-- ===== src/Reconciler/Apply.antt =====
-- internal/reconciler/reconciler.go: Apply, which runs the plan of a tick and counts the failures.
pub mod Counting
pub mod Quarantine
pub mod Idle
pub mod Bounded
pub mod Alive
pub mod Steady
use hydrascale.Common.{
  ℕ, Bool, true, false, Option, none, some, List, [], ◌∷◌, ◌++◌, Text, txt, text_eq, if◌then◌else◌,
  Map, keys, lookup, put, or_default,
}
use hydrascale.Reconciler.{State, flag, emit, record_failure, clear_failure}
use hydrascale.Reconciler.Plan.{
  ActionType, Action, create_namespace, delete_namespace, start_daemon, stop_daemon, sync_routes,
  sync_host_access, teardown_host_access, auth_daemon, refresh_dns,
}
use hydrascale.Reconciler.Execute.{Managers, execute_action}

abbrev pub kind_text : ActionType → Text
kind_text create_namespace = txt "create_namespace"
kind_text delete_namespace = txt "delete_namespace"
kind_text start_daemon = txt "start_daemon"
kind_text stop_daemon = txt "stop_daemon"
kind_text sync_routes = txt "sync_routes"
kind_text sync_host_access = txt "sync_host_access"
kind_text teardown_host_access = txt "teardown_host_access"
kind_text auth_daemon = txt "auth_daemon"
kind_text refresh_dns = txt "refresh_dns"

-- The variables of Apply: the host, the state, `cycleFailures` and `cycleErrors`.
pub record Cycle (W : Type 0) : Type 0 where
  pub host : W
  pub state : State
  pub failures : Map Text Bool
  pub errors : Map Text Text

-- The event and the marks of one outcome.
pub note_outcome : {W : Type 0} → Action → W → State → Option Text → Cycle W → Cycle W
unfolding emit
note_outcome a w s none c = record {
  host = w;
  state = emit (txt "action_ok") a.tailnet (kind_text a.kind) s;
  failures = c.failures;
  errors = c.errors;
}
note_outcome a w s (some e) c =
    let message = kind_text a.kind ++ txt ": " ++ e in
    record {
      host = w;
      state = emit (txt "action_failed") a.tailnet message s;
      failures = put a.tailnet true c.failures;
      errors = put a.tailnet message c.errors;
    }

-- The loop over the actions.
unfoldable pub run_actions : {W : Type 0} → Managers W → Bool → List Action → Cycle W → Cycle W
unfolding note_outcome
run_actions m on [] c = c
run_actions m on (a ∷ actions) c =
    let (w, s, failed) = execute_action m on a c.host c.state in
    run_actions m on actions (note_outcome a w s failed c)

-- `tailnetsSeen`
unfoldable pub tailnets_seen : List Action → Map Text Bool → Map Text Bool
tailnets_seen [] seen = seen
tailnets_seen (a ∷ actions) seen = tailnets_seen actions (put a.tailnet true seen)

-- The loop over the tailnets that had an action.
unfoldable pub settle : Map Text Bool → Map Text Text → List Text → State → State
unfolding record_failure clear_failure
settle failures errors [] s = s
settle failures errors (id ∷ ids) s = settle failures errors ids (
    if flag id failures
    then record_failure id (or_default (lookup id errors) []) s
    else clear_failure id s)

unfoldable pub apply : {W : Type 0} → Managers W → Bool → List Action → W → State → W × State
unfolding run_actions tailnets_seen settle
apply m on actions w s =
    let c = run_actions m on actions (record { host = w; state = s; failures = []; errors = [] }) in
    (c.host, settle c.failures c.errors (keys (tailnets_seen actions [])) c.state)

=======

● **What the task asks**
In the entries above, one line contains "kind_text sync_routes = txt" and another contains "failures = put". Reproduce exactly those two lines and the lines between them, nothing else.

● **Written solution**
kind_text sync_routes = txt "sync_routes"
kind_text sync_host_access = txt "sync_host_access"
kind_text teardown_host_access = txt "teardown_host_access"
kind_text auth_daemon = txt "auth_daemon"
kind_text refresh_dns = txt "refresh_dns"

-- The variables of Apply: the host, the state, `cycleFailures` and `cycleErrors`.
pub record Cycle (W : Type 0) : Type 0 where
  pub host : W
  pub state : State
  pub failures : Map Text Bool
  pub errors : Map Text Text

-- The event and the marks of one outcome.
pub note_outcome : {W : Type 0} → Action → W → State → Option Text → Cycle W → Cycle W
unfolding emit
note_outcome a w s none c = record {
  host = w;
  state = emit (txt "action_ok") a.tailnet (kind_text a.kind) s;
  failures = c.failures;
  errors = c.errors;
}
note_outcome a w s (some e) c =
    let message = kind_text a.kind ++ txt ": " ++ e in
    record {
      host = w;
      state = emit (txt "action_failed") a.tailnet message s;
      failures = put a.tailnet true c.failures;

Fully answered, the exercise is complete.